Я знала, что она сердится за опечаленную девочку. Как бы ни нуждалась девчонка в поддержке, Елена намеревалась оказать её сейчас. «Родопа! Тебе будет тяжело, но какая замечательная явка! Должно быть, он был невероятно популярен. Надеюсь, это хоть как-то тебя утешит».
Бледная девушка выглядела подозрительно. Только Родопа не отрывала своих больших печальных глаз от гроба. Все остальные использовали похороны как повод для празднества. С бесплатной едой и музыкой никто из них не подумал о Посидонии, которого снова ограбили, и, похоже, мало кто беспокоился о том, как бы он ни провожал Феопомпа в загробный мир.

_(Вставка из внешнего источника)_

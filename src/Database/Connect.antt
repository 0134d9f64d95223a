-- ===== src/Database/Connect.antt =====
-- Calls of `connect` of app/core/database.py that overlap. A call runs from one `await` to the next:
-- it looks for a pool, waits for `_connect_lock`, looks again, and waits for `create_pool`.
use ms_auth_service.Prelude.{ℕ, suc, ◌≡◌, refl, ap, Bool, true, false, if◌then◌else◌, update, arith}

-- Where a call stands.
pub data Pc : Type 0 where
  entered waiting creating done failed : Pc

-- `_pool` and `_connect_lock`, and how many pools asyncpg has made.
pub record Pool : Type 0 where
  pub pooled : Bool
  pub locked : Bool
  pub created : ℕ
  pub pc : ℕ → Pc

abbrev moved : Pool → ℕ → Pc → Pool
moved s i p = record s { pc = update s.pc i p }

-- One call goes on to its next `await`, or to its end.
pub data Step (s : Pool) : Pool → Type 0 where
  -- `if self._pool is not None: return`
  finds :
      (i : ℕ)
      → s.pc i ≡ Pc.entered
      → s.pooled ≡ true
      → Step s (record s { pc = update s.pc i Pc.done })
  -- The lock is free, and so the pool is still missing.
  locks :
      (i : ℕ)
      → s.pc i ≡ Pc.entered
      → s.pooled ≡ false
      → s.locked ≡ false
      → Step s (record s { locked = true; pc = update s.pc i Pc.creating })
  -- The lock is taken, or others wait for it.
  waits :
      (i : ℕ)
      → s.pc i ≡ Pc.entered
      → s.pooled ≡ false
      → Step s (record s { pc = update s.pc i Pc.waiting })
  -- The lock is given to a waiting call, which finds a pool now, or does not.
  finds_later :
      (i : ℕ)
      → s.pc i ≡ Pc.waiting
      → s.locked ≡ false
      → s.pooled ≡ true
      → Step s (record s { pc = update s.pc i Pc.done })
  locks_later :
      (i : ℕ)
      → s.pc i ≡ Pc.waiting
      → s.locked ≡ false
      → s.pooled ≡ false
      → Step s (record s { locked = true; pc = update s.pc i Pc.creating })
  -- `create_pool` answers a pool, or raises; either way the lock is given back.
  creates :
      (i : ℕ)
      → s.pc i ≡ Pc.creating
      → Step s (record {
        pooled = true;
        locked = false;
        created = suc s.created;
        pc = update s.pc i Pc.done;
      })
  fails :
      (i : ℕ)
      → s.pc i ≡ Pc.creating
      → Step s (record s { locked = false; pc = update s.pc i Pc.failed })

abbrev pub initial : Pool
initial = record { pooled = false; locked = false; created = 0; pc = λ i. Pc.entered }

pub data Reach : Pool → Type 0 where
  start : Reach initial
  later : {s t : Pool} → Reach s → Step s t → Reach t

abbrev is_creating : Pc → Bool
is_creating Pc.creating = true
is_creating _ = false

-- Who creates has the lock, alone, and there is no pool then.
record Inv (s : Pool) : Type 0 where
  count : s.created ≡ (if s.pooled then 1 else 0)
  missing : (i : ℕ) → is_creating (s.pc i) ≡ true → s.pooled ≡ false
  held : (i : ℕ) → is_creating (s.pc i) ≡ true → s.locked ≡ true
  alone : (i j : ℕ) → is_creating (s.pc i) ≡ true → is_creating (s.pc j) ≡ true → i ≡ j

Step-Inv : {s t : Pool} → Step s t → Inv s → Inv t
Step-Inv (Step.finds i at pooled) inv = record {
  count = inv.count;
  missing = λ j c. ground (arith, inv.missing j);
  held = λ j c. ground (arith, inv.held j);
  alone = λ j k c d. ground (arith, inv.alone j k);
}
Step-Inv (Step.locks i at pooled locked) inv = record {
  count = inv.count;
  missing = λ j c. pooled;
  held = λ j c. refl;
  alone = λ j k c d. ground (arith, inv.held j, inv.held k);
}
Step-Inv (Step.waits i at pooled) inv = record {
  count = inv.count;
  missing = λ j c. pooled;
  held = λ j c. ground (arith, inv.held j);
  alone = λ j k c d. ground (arith, inv.alone j k);
}
Step-Inv (Step.finds_later i at locked pooled) inv = record {
  count = inv.count;
  missing = λ j c. ground (arith, inv.missing j);
  held = λ j c. ground (arith, inv.held j);
  alone = λ j k c d. ground (arith, inv.alone j k);
}
Step-Inv (Step.locks_later i at locked pooled) inv = record {
  count = inv.count;
  missing = λ j c. pooled;
  held = λ j c. refl;
  alone = λ j k c d. ground (arith, inv.held j, inv.held k);
}
Step-Inv {s} (Step.creates i at) inv =
    let missing : s.pooled ≡ false = inv.missing i (ap is_creating at) in
    record {
      count = ground (arith, inv.count);
      missing = λ j c. ground (arith, inv.alone i j);
      held = λ j c. ground (arith, inv.alone i j);
      alone = λ j k c d. ground (arith, inv.alone j k);
    }
Step-Inv (Step.fails i at) inv = record {
  count = inv.count;
  missing = λ j c. inv.missing i (ap is_creating at);
  held = λ j c. ground (arith, inv.alone i j);
  alone = λ j k c d. ground (arith, inv.alone j k);
}

Reach-Inv : {s : Pool} → Reach s → Inv s
Reach-Inv Reach.start = record {
  count = refl;
  missing = λ i c. ground arith;
  held = λ i c. ground arith;
  alone = λ i j c d. ground arith;
}
Reach-Inv (Reach.later r step) = Step-Inv step (Reach-Inv r)

-- However calls of `connect` overlap, and whichever attempts to make a pool fail: one pool is made at
-- most, and it has been made exactly when `_pool` holds it.
pub connect_once : (s : Pool) → Reach s → s.created ≡ (if s.pooled then 1 else 0)
connect_once s r = let inv = Reach-Inv r in inv.count
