-- ===== src/Parser/Floating.antt =====
-- std::from_chars on `double` (general format) and `TryParse<double>` of
-- common/parser/include/ValueParser.hpp. A finite result is the decimal fraction that the text
-- denotes, before it is rounded to the nearest double: no caller computes with it.
pub mod Specials
use ecommerce_platform.Prelude.{
  ℕ, suc, ◌+◌, ◌-◌, ◌*◌, ◌^◌, Bool, true, false, ◌&&◌, ◌||◌, [], ◌∷◌, ◌++◌, Option, none, some, ltb,
  leb, ◌==◌, if◌then◌else◌, length, map, Text, text, text_eq, ℤ, pos, negsuc, signed,
}
use ecommerce_platform.Parser.Integral.{
  is_digit, FromChars, ok, invalid_argument, result_out_of_range, accept,
}

-- std::tolower in the "C" locale, and detail::StringToLower
unfoldable pub to_lower : ℕ → ℕ
to_lower c = if leb b'A' c && leb c b'Z' then c + 32 else c

unfoldable pub string_to_lower : Text → Text
unfolding to_lower
string_to_lower s = map to_lower s

pub data FloatValue : Type 0 where
  finite : (negative : Bool) (mantissa : ℕ) (exponent : ℤ) → FloatValue
  infinity : (negative : Bool) → FloatValue
  nan : (negative : Bool) → FloatValue

-- The text behind a word, which is given in lower case and compared without regard to case.
unfoldable pub strip_word : Text → Text → Option Text
unfolding to_lower
strip_word [] s = some s
strip_word (w ∷ ws) [] = none
strip_word (w ∷ ws) (c ∷ s) = if to_lower c == w then strip_word ws s else none

unfoldable pub span_digits : Text → Text × Text
unfolding is_digit
span_digits [] = ([], [])
span_digits (c ∷ s) =
    let (run, rest) = span_digits s in if is_digit c then (c ∷ run, rest) else ([], c ∷ s)

unfoldable pub digits_value : ℕ → Text → ℕ
digits_value acc [] = acc
digits_value acc (c ∷ s) = digits_value (acc * 10 + (c - b'0')) s

-- `.` and the digits behind it
unfoldable pub fraction : Text → Text × Text
fraction [] = ([], [])
fraction (c ∷ s) = if c == b'.' then span_digits s else ([], c ∷ s)

-- `e`, an optional sign, and digits; without digits nothing of it is read.
unfoldable pub exponent_value : Bool → Text → Text × Text → ℤ × Text
exponent_value negative s ([], _) = (pos 0, s)
exponent_value negative s (run, behind) = (signed negative (digits_value 0 run), behind)

unfoldable pub exponent_digits : Bool → Text → Text → ℤ × Text
unfolding exponent_value
exponent_digits negative s rest = exponent_value negative s (span_digits rest)

unfoldable pub exponent_sign : Text → Text → ℤ × Text
exponent_sign s [] = (pos 0, s)
exponent_sign s (c ∷ rest) =
    if c == b'-'
    then exponent_digits true s rest
    else if c == b'+'
    then exponent_digits false s rest
    else exponent_digits false s (c ∷ rest)

unfoldable pub exponent_part : Text → ℤ × Text
exponent_part [] = (pos 0, [])
exponent_part (c ∷ s) = if to_lower c == b'e' then exponent_sign (c ∷ s) s else (pos 0, c ∷ s)

-- The exponent of the mantissa's last digit, `places` digits behind the point.
unfoldable pub lower_exponent : ℤ → ℕ → ℤ
lower_exponent (pos e) places = if leb places e then pos (e - places) else negsuc (places - e - 1)
lower_exponent (negsuc e) places = negsuc (e + places)

-- Rounds to a finite double that is zero for zero only: below 2^1024 - 2^970 and above 2^-1075.
unfoldable pub in_double_range : ℕ → ℤ → Bool
in_double_range m (pos e) = ltb (m * 10 ^ e) (2 ^ 1024 - 2 ^ 970)
in_double_range m (negsuc e) =
    (m == 0) || (ltb m ((2 ^ 1024 - 2 ^ 970) * 10 ^ suc e) && ltb (10 ^ suc e) (m * 2 ^ 1075))

unfoldable pub finite_result : Bool → ℕ → ℤ × Text → FromChars FloatValue
finite_result negative m (e, rest) =
    if in_double_range m e
    then record { rest = rest; ec = ok; value = some (finite negative m e) }
    else record { rest = rest; ec = result_out_of_range; value = none }

unfoldable pub decimal_result : Text → Bool → Text × Text → Text × Text → FromChars FloatValue
decimal_result s negative ([], _) ([], _) = record { rest = s; ec = invalid_argument; value = none }
decimal_result s negative (whole, _) (places, rest) =
    let (e, behind) = exponent_part rest in
    finite_result negative (digits_value 0 (whole ++ places))
      (lower_exponent e (length places), behind)

-- Behind `nan`: letters, digits and underscores in parentheses, if they close.
unfoldable pub is_word_char : ℕ → Bool
unfolding to_lower
is_word_char c = is_digit c || (leb b'a' (to_lower c) && leb (to_lower c) b'z') || c == b'_'

unfoldable pub closing : Text → Option Text
closing [] = none
closing (c ∷ s) =
    let behind = closing s in if c == b')' then some s else if is_word_char c then behind else none

unfoldable pub nan_payload : Text → Text
nan_payload [] = []
nan_payload (c ∷ s) =
    if c == b'(' then (elim (closing s) [ none ↦ c ∷ s | some behind ↦ behind ]) else c ∷ s

special : Text → FloatValue → FromChars FloatValue
special rest v = record { rest = rest; ec = ok; value = some v }

unfoldable pub unsigned_float : Text → Bool → Text → FromChars FloatValue
unfolding strip_word span_digits digits_value fraction exponent_digits exponent_sign exponent_part
    lower_exponent in_double_range finite_result decimal_result is_word_char closing nan_payload
    special is_digit
unsigned_float s negative body = elim (strip_word (text "infinity") body) [
  | some rest ↦ special rest (infinity negative)
  | none ↦ elim (strip_word (text "inf") body) [
    | some rest ↦ special rest (infinity negative)
    | none ↦ elim (strip_word (text "nan") body) [
      | some rest ↦ special (nan_payload rest) (nan negative)
      | none ↦
          let (whole, behind) = span_digits body in
          decimal_result s negative (whole, behind) (fraction behind)
    ]
  ]
]

-- std::from_chars(first, last, result) for a double
unfoldable pub from_chars_float : Text → FromChars FloatValue
unfolding unsigned_float
from_chars_float [] = record { rest = []; ec = invalid_argument; value = none }
from_chars_float (c ∷ s) =
    if c == b'-' then unsigned_float (c ∷ s) true s else unsigned_float (c ∷ s) false (c ∷ s)

unfoldable pub is_nan_or_inf_literal : Text → Bool
unfolding string_to_lower text_eq
is_nan_or_inf_literal s =
    length s == 3
    && (text_eq (string_to_lower s) (text "inf") || text_eq (string_to_lower s) (text "nan"))

-- TryParse<double>
unfoldable pub try_parse_float : Text → Option FloatValue
unfolding from_chars_float is_nan_or_inf_literal accept
try_parse_float s =
    let r = from_chars_float s in
    if is_nan_or_inf_literal s then none else accept r.ec r.rest r.value
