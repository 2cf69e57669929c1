-- ===== src/Parser/Values.antt =====
-- `TryParse` of common/parser/include/ValueParser.hpp for `bool`, `std::string` and
-- `std::string_view`, and the choice of a parser by type.
pub mod Booleans
use ecommerce_platform.Prelude.{
  Bool, true, false, ◌||◌, [], ◌∷◌, Option, none, some, ltb, if◌then◌else◌, length, Text, text,
  text_eq, ℤ,
}
use ecommerce_platform.Parser.Integral.{IntegralType, try_parse_integral}
use ecommerce_platform.Parser.Floating.{string_to_lower, FloatValue, try_parse_float}

unfoldable pub is_empty : Text → Bool
is_empty [] = true
is_empty (c ∷ s) = false

-- TryParse<bool>
unfoldable pub try_parse_bool : Text → Option Bool
unfolding is_empty string_to_lower text_eq
try_parse_bool s =
    if is_empty s || ltb 5 (length s)
    then none
    else let lower_value = string_to_lower s in
      if text_eq lower_value (text "true") || text_eq lower_value (text "1")
      then some true
      else if text_eq lower_value (text "false") || text_eq lower_value (text "0")
      then some false
      else none

-- TryParse<std::string> and TryParse<std::string_view>
unfoldable pub try_parse_string : Text → Option Text
try_parse_string s = some s

-- The types that TryParse is instantiated at, and what it reads for each.
pub data ValueType : Type 0 where
  integral : IntegralType → ValueType
  floating : ValueType
  boolean : ValueType
  string_like : ValueType

abbrev pub Value : ValueType → Type 0
Value (integral t) = ℤ
Value floating = FloatValue
Value boolean = Bool
Value string_like = Text

unfoldable pub try_parse : (t : ValueType) → Text → Option (Value t)
try_parse (integral t) s = try_parse_integral t s
try_parse floating s = try_parse_float s
try_parse boolean s = try_parse_bool s
try_parse string_like s = try_parse_string s
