-- ===== src/Client.antt =====
-- OrdersClient of services/CreateOrdersClientService: include/OrdersClient.hpp and
-- src/OrdersClient.cpp, and PrintResponse and main of main.cpp. Parameters: the JSON library, the
-- names of methods, and the network, which connects to a host and a port and exchanges one request
-- for a response.
pub mod Targets
pub mod Server
pub mod Answers
pub mod Main
use ecommerce_platform.Prelude.{
  ℕ, Bool, true, false, List, [], ◌∷◌, ◌++◌, Option, none, some, map, Text, text, ℤ, pos,
  if◌then◌else◌,
}
use ecommerce_platform.Http.Error.{Status, Outcome, returns, ◌>>=◌}
use ecommerce_platform.Http.Json.{JsonLibrary, dump}
use ecommerce_platform.Http.Message.{Request}
use ecommerce_platform.Http.Verb.{Verb}
use ecommerce_platform.Parser.Integral.{to_string}
use ecommerce_platform.Parser.Values.{is_empty}

pub record HttpResponse : Type 0 where
  pub status : Status
  pub body : Text

pub record OrdersClient : Type 0 where
  pub host : Text
  pub port : Text

-- A request with the header fields that the client sets.
pub record Sent : Type 0 where
  pub message : Request
  pub fields : List (Text × Text)
  -- prepare_payload has set the length of the body.
  pub prepared : Bool

-- The resolver and the socket: to connect, and to write a request and read the response, its status
-- and its body. Each may throw.
pub record Network : Type 1 where
  pub Connection : Type 0
  pub connect : Text → Text → Outcome Connection
  pub exchange : Connection → Sent → Outcome (Status × Text)

abbrev pub set_field : Text → Text → Sent → Sent
set_field name value sent = record sent { fields = sent.fields ++ (name, value) ∷ [] }

module _ (lib : JsonLibrary) (string_to_verb : Text → Verb) (network : Network) where
  open lib use {Json, object, string}
  open network use {connect, exchange}

  unfoldable pub new_request : OrdersClient → Text → Text → Sent
  new_request self method target = set_field (text "Accept") (text "application/json") (
      set_field (text "User-Agent") (text "CreateOrdersClientService") (
        set_field (text "Host") self.host (record {
          message = record {
            method = string_to_verb method;
            target = target;
            version = 11;
            keep_alive = true;
            body = [];
          };
          fields = [];
          prepared = false;
        })))

  abbrev pub with_payload : Text → Sent → Sent
  with_payload body sent =
      let typed = set_field (text "Content-Type") (text "application/json") sent in
      record typed { message = record (typed.message) { body = body }; prepared = true }

  -- The request as it is sent; printing its body may throw.
  unfoldable pub payload : Option Json → Sent → Outcome Sent
  unfolding dump
  payload none sent = returns sent
  payload (some body) sent = do printed ← dump lib body; returns (with_payload printed sent)

  -- OrdersClient::Request
  unfoldable pub request : OrdersClient → Text → Text → Option Json → Outcome HttpResponse
  unfolding new_request payload
  request self method target body = do
    stream ← connect self.host self.port
    req ← payload body (new_request self method target)
    res ← exchange stream req
    returns (record { status = res.0; body = res.1 })

  unfoldable pub get_orders : OrdersClient → ℤ → ℤ → Outcome HttpResponse
  get_orders self limit offset =
      request self (text "GET")
        (text "/orders?limit=" ++ (to_string limit ++ (text "&offset=" ++ to_string offset))) none

  unfoldable pub get_order_by_id : OrdersClient → ℤ → Outcome HttpResponse
  get_order_by_id self order_id =
      request self (text "GET") (text "/orders/" ++ to_string order_id) none

  unfoldable pub update_order_name : OrdersClient → ℤ → Text → Outcome HttpResponse
  update_order_name self order_id new_name =
      request self (text "PUT") (text "/orders/" ++ (to_string order_id ++ text "/name"))
        (some (object ((text "name", string new_name) ∷ [])))

  unfoldable pub delete_order : OrdersClient → ℤ → Outcome HttpResponse
  delete_order self order_id =
      request self (text "DELETE") (text "/orders/" ++ to_string order_id) none

  unfoldable pub remove_all : OrdersClient → Outcome HttpResponse
  remove_all self = request self (text "POST") (text "/orders/remove_all") none

  unfoldable pub test_method : OrdersClient → ℤ → Text → Outcome HttpResponse
  test_method self order_id random_string =
      request self (text "PUT")
        (text "/orders/" ++ (to_string order_id ++ (text "/name/" ++ random_string))) none

-- PrintResponse: the lines that it prints. `pretty` prints a parsed value with an indent of two, and
-- `discarded` says that a text was no JSON.
module _ (lib : JsonLibrary) (pretty : lib.Json → Outcome Text) (discarded : lib.Json → Bool)
    (decimal : Status → Text) where
  unfoldable pub print_response : Text → HttpResponse → Outcome (List Text)
  print_response label res =
      let head =
        text ""
        ∷ (text "== " ++ (label ++ text " =="))
        ∷ (text "status: " ++ decimal res.status)
        ∷ [] in
      if is_empty res.body
      then returns (head ++ text "body: <empty>" ∷ [])
      else let json = lib.parse res.body in
        if discarded json
        then returns (head ++ (text "body: " ++ res.body) ∷ [])
        else (do printed ← pretty json; returns (head ++ (text "body: " ++ printed) ∷ []))

module _ (lib : JsonLibrary) (pretty : lib.Json → Outcome Text) (discarded : lib.Json → Bool)
    (decimal : Status → Text) where
  -- Calls, each printed under its label before the next one is made.
  abbrev pub printed_calls : List (Text × Outcome HttpResponse) → Outcome (List Text)
  printed_calls [] = returns (text "" ∷ text "Client finished requests." ∷ [])
  printed_calls ((label, call) ∷ rest) = do
    res ← call
    lines ← print_response lib pretty discarded decimal label res
    more ← printed_calls rest
    returns (lines ++ more)

abbrev pub main_client : OrdersClient
main_client = record { host = text "127.0.0.1"; port = text "1234" }

module _ (lib : JsonLibrary) (string_to_verb : Text → Verb) (network : Network) where
  -- The calls that main makes.
  unfoldable pub main_calls : List (Text × Outcome HttpResponse)
  unfolding get_orders get_order_by_id update_order_name test_method delete_order remove_all
  main_calls =
      let client = main_client in
      let one = pos 1 in
      (text "GET /orders", get_orders lib string_to_verb network client (pos 5) (pos 0))
      ∷ (text "GET /orders/1", get_order_by_id lib string_to_verb network client one)
      ∷ (
        text "PUT /orders/1/name",
        update_order_name lib string_to_verb network client one (text "Order #1"),
      )
      ∷ (
        text "PUT /orders/1/name/random",
        test_method lib string_to_verb network client one (text "random"),
      )
      ∷ (text "DELETE /orders/1", delete_order lib string_to_verb network client one)
      ∷ (text "POST /orders/remove_all", remove_all lib string_to_verb network client)
      ∷ []
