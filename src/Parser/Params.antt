-- ===== src/Parser/Params.antt =====
-- common/parser/include/TypedParams.hpp: parameters by name, converted on request.
use ecommerce_platform.Prelude.{Option, none, some, lookup, Text, Text-eq, text, ◌++◌, List}
use ecommerce_platform.Http.Error.{Outcome, returns, throws, invalid_parameter}
use ecommerce_platform.Parser.Values.{ValueType, Value, try_parse}

-- std::unordered_map<std::string, std::string>
abbrev pub GeneralParams : Type 0
GeneralParams = List (Text × Text)

-- InvalidParameterException::what
unfoldable pub invalid_parameter_what : Text → Text
invalid_parameter_what key = text "Missing or invalid parameter: " ++ key

pub record TypedParams : Type 0 where
  pub entries : GeneralParams

-- TypedParams::TryGet<T>
unfoldable pub try_get : (t : ValueType) → TypedParams → Text → Option (Value t)
try_get t params key = elim (lookup key params.entries) [
  | none ↦ none
  | some value ↦ try_parse t value
]

-- TypedParams::Required<T>
unfoldable pub required : (t : ValueType) → TypedParams → Text → Outcome (Value t)
required t params key = elim (try_get t params key) [
  | none ↦ throws (invalid_parameter key)
  | some value ↦ returns value
]
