-- ===== src/Http/Context.antt =====
-- common/http/include/RequestContext.hpp and src/RequestContext.cpp: a request with its parameters.
use ecommerce_platform.Http.Message.{Request}
use ecommerce_platform.Parser.Params.{GeneralParams, TypedParams}

-- The members request_, path_parameters_ and query_parameters_, which the three getters return.
pub record RequestContext : Type 0 where
  pub request : Request
  pub path_parameters : TypedParams
  pub query_parameters : TypedParams

abbrev pub make_context : Request → GeneralParams → GeneralParams → RequestContext
make_context req path_params query_params = record {
  request = req;
  path_parameters = record { entries = path_params };
  query_parameters = record { entries = query_params };
}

Это было раздельное мероприятие. Женщины оставались вместе, мужчины тоже. Различные группы мужчин держались отдельно друг от друга. Римские гробовщики занимались своими делами, оставаясь более или менее незамеченными, в то время как среди групп моряков иностранные музыканты играли на экзотических инструментах, не обращая внимания на траурные римские флейты, которые должны были возвещать о важных моментах церемонии. От частных костров, где готовили еду, ароматы жареного мяса и рыбы смешивались с благовониями. В целом, царила полная неорганизованность. Кроме того, создавалось впечатление, что вечеринка продлится три дня.